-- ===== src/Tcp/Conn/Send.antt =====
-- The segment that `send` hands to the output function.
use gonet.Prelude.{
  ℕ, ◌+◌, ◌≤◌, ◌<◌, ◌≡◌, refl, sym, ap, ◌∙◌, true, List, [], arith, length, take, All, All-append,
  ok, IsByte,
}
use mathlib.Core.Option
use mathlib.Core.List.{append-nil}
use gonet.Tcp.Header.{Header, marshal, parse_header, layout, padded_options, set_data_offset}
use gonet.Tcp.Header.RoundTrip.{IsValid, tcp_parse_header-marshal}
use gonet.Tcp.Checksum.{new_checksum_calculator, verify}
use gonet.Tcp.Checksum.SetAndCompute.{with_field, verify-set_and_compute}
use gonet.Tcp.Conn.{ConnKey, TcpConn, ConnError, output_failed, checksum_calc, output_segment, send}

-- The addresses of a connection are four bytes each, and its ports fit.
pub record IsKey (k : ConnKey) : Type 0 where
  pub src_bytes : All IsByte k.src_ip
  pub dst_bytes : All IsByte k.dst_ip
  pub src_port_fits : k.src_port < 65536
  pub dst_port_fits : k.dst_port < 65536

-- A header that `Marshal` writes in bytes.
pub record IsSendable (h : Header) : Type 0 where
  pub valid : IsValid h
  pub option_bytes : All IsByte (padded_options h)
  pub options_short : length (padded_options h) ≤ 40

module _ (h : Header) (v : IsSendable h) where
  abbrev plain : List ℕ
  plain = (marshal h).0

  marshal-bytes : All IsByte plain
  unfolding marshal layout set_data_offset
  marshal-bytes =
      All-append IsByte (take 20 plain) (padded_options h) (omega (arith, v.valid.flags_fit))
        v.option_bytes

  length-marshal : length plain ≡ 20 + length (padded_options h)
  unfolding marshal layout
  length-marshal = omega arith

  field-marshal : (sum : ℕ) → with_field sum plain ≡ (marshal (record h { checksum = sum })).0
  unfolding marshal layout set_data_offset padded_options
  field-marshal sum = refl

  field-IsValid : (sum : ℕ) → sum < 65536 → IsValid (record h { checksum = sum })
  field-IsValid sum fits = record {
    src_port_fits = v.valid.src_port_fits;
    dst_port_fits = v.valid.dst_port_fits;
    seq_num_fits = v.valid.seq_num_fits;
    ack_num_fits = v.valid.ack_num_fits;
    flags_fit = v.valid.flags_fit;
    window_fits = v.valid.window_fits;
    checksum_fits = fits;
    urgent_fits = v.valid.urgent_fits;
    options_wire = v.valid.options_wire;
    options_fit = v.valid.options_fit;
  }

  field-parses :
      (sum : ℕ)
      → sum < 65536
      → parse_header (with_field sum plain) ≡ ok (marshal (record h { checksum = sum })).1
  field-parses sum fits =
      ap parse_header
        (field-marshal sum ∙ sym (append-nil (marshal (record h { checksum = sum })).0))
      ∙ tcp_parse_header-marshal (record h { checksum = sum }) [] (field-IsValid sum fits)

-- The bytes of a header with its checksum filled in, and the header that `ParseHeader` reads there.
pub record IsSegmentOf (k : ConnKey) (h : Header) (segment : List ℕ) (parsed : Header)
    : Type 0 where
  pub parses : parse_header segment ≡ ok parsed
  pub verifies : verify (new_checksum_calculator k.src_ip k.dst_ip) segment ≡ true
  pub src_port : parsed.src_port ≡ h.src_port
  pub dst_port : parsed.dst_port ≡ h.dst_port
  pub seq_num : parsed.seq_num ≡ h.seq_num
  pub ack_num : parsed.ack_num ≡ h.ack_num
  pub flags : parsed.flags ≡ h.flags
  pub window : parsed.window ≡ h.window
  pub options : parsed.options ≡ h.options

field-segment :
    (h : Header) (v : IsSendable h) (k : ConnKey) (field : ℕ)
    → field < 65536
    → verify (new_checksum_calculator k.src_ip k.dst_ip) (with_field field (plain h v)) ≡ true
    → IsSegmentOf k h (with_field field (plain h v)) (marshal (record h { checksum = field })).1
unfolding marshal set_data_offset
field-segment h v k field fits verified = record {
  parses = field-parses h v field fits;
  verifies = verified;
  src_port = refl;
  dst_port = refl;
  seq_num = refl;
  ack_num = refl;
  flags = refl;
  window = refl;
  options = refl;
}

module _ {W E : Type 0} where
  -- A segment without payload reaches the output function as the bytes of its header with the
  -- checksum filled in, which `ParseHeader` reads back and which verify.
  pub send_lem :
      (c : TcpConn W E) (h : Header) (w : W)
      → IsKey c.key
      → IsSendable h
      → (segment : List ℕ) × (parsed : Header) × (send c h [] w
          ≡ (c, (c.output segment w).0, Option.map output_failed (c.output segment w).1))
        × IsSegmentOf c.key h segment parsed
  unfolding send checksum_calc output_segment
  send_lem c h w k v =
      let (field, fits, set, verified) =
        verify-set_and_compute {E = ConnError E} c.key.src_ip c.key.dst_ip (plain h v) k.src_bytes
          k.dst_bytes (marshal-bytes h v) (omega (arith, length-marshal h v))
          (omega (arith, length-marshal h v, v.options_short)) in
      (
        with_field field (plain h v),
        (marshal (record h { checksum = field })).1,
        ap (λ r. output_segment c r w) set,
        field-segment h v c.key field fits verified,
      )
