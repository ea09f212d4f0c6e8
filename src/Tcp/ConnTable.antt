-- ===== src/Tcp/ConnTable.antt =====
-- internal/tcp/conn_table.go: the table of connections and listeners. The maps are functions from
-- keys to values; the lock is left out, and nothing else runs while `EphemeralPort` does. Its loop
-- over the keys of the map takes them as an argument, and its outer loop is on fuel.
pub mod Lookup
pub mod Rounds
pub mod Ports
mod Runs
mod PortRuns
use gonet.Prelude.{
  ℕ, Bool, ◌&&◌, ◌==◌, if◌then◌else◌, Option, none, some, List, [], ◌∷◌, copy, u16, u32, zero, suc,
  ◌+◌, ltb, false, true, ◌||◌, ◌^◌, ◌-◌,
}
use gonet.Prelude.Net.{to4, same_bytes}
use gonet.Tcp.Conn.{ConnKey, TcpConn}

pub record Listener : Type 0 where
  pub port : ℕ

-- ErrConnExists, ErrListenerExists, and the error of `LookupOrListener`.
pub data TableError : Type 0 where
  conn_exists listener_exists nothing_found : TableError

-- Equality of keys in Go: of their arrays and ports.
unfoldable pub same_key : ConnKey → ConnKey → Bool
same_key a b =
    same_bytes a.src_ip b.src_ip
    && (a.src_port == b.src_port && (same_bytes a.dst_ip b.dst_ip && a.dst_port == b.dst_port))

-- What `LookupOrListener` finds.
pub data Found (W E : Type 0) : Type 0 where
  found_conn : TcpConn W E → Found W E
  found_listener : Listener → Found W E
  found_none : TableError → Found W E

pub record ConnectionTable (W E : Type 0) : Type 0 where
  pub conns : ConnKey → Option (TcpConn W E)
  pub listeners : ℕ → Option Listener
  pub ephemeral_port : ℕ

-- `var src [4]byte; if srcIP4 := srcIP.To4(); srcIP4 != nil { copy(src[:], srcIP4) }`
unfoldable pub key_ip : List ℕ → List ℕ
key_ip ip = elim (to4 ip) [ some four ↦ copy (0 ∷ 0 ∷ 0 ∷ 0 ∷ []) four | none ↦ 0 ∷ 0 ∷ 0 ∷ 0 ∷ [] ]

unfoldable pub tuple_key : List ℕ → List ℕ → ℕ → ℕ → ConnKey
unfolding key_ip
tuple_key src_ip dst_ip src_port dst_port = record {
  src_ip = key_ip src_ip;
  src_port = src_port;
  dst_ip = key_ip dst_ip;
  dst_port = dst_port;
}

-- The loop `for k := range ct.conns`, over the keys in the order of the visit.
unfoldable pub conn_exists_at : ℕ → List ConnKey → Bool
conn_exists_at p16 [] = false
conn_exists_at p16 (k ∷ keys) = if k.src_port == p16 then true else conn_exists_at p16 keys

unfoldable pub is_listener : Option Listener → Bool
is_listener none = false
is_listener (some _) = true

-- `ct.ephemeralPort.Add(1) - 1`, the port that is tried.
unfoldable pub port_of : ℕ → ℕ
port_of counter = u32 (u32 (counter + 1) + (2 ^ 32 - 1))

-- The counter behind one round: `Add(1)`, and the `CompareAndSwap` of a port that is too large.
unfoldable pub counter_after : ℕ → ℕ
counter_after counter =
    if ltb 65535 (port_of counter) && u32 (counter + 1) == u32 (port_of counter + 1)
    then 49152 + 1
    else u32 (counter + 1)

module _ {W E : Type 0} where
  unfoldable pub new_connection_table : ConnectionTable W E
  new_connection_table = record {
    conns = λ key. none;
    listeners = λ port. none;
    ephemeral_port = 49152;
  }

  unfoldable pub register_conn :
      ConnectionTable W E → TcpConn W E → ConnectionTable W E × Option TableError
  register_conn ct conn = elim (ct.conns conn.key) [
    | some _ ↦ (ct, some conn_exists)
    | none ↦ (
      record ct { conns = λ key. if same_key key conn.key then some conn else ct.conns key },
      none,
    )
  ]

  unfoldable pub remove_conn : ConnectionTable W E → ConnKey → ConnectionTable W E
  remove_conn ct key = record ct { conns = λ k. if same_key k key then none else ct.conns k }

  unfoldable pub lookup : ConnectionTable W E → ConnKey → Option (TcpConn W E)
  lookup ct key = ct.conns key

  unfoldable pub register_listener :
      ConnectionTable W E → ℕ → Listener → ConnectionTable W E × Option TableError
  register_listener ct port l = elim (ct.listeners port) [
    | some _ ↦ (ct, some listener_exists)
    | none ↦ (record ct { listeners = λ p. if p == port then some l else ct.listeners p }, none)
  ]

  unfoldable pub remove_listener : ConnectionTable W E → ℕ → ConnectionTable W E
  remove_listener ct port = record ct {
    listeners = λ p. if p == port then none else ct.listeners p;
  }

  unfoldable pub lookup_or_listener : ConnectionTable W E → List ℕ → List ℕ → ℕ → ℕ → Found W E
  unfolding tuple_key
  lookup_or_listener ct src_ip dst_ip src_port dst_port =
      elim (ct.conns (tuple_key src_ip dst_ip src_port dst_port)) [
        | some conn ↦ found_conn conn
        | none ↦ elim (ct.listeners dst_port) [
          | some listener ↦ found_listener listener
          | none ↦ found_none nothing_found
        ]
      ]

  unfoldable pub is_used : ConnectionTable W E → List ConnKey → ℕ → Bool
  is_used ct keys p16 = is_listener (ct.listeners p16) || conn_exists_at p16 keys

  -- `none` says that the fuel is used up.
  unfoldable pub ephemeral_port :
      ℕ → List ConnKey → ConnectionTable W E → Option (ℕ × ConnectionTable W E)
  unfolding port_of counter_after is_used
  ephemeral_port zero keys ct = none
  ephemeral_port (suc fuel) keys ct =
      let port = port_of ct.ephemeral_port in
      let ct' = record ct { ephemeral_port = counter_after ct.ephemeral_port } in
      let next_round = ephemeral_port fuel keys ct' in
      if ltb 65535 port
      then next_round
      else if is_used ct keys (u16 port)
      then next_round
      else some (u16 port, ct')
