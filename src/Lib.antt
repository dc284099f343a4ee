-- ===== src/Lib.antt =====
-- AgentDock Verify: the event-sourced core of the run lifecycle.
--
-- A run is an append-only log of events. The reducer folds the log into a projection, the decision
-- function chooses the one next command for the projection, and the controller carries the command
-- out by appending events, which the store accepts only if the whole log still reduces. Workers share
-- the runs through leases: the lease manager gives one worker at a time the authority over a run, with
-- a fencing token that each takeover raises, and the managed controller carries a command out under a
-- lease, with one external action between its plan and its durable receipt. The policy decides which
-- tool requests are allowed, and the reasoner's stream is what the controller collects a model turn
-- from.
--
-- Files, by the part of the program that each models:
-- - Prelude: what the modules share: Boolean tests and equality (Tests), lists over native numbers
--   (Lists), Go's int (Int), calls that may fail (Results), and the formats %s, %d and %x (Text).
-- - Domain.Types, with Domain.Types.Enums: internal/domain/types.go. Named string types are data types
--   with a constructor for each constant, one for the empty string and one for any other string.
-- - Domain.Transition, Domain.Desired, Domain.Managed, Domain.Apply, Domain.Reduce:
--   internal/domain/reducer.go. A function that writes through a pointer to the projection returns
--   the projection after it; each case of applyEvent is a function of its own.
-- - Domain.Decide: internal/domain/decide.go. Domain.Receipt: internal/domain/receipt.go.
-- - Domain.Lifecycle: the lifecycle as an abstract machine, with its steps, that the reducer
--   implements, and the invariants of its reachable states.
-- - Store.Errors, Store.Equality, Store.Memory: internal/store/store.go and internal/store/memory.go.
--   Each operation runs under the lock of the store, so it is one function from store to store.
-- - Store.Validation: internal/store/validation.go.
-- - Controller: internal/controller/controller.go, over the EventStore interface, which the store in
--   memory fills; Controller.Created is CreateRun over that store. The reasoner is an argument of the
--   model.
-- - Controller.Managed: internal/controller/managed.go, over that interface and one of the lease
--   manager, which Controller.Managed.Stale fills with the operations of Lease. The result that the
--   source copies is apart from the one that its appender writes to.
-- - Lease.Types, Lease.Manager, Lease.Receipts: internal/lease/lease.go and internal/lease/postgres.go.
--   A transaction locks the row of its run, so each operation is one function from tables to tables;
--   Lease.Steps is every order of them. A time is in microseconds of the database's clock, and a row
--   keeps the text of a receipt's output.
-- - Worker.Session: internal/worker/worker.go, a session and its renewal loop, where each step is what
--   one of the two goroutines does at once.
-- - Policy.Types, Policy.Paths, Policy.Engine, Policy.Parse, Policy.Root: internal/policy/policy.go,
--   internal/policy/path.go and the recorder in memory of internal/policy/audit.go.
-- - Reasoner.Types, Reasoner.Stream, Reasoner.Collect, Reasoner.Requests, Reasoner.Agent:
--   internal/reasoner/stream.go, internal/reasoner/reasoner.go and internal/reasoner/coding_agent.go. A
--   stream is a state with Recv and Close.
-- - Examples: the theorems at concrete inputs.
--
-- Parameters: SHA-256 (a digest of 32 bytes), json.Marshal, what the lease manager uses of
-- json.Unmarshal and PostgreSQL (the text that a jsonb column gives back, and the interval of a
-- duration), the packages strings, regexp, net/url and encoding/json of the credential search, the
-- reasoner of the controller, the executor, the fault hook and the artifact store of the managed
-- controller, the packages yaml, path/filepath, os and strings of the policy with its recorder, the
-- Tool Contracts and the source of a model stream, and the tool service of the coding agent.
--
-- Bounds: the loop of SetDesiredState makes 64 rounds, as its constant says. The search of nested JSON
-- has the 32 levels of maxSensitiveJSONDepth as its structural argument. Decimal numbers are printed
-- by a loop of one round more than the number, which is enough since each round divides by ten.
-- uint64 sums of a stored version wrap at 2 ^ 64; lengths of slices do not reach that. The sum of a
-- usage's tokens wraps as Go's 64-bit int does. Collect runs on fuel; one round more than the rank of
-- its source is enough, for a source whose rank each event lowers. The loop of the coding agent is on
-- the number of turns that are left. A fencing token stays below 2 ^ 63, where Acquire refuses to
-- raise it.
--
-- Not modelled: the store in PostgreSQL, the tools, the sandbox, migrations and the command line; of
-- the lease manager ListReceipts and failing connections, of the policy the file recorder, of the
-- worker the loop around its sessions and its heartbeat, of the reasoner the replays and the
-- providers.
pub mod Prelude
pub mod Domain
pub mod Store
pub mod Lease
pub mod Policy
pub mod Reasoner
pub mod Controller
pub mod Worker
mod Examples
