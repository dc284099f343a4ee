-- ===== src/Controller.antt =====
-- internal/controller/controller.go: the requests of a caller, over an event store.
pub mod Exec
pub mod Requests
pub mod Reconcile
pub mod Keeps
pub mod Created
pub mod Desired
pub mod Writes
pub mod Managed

══════════

__PROBLEM REQUIREMENTS__: Write out the listing exactly from its first line to the line containing "use mathlib.Core.Option". Both of those lines belong in the answer.

__OUTPUT BELOW__:
-- ===== src/Tcp/Conn/Send.antt =====
-- The segment that `send` hands to the output function.
use gonet.Prelude.{
  ℕ, ◌+◌, ◌≤◌, ◌<◌, ◌≡◌, refl, sym, ap, ◌∙◌, true, List, [], arith, length, take, All, All-append,
  ok, IsByte,
}
use mathlib.Core.Option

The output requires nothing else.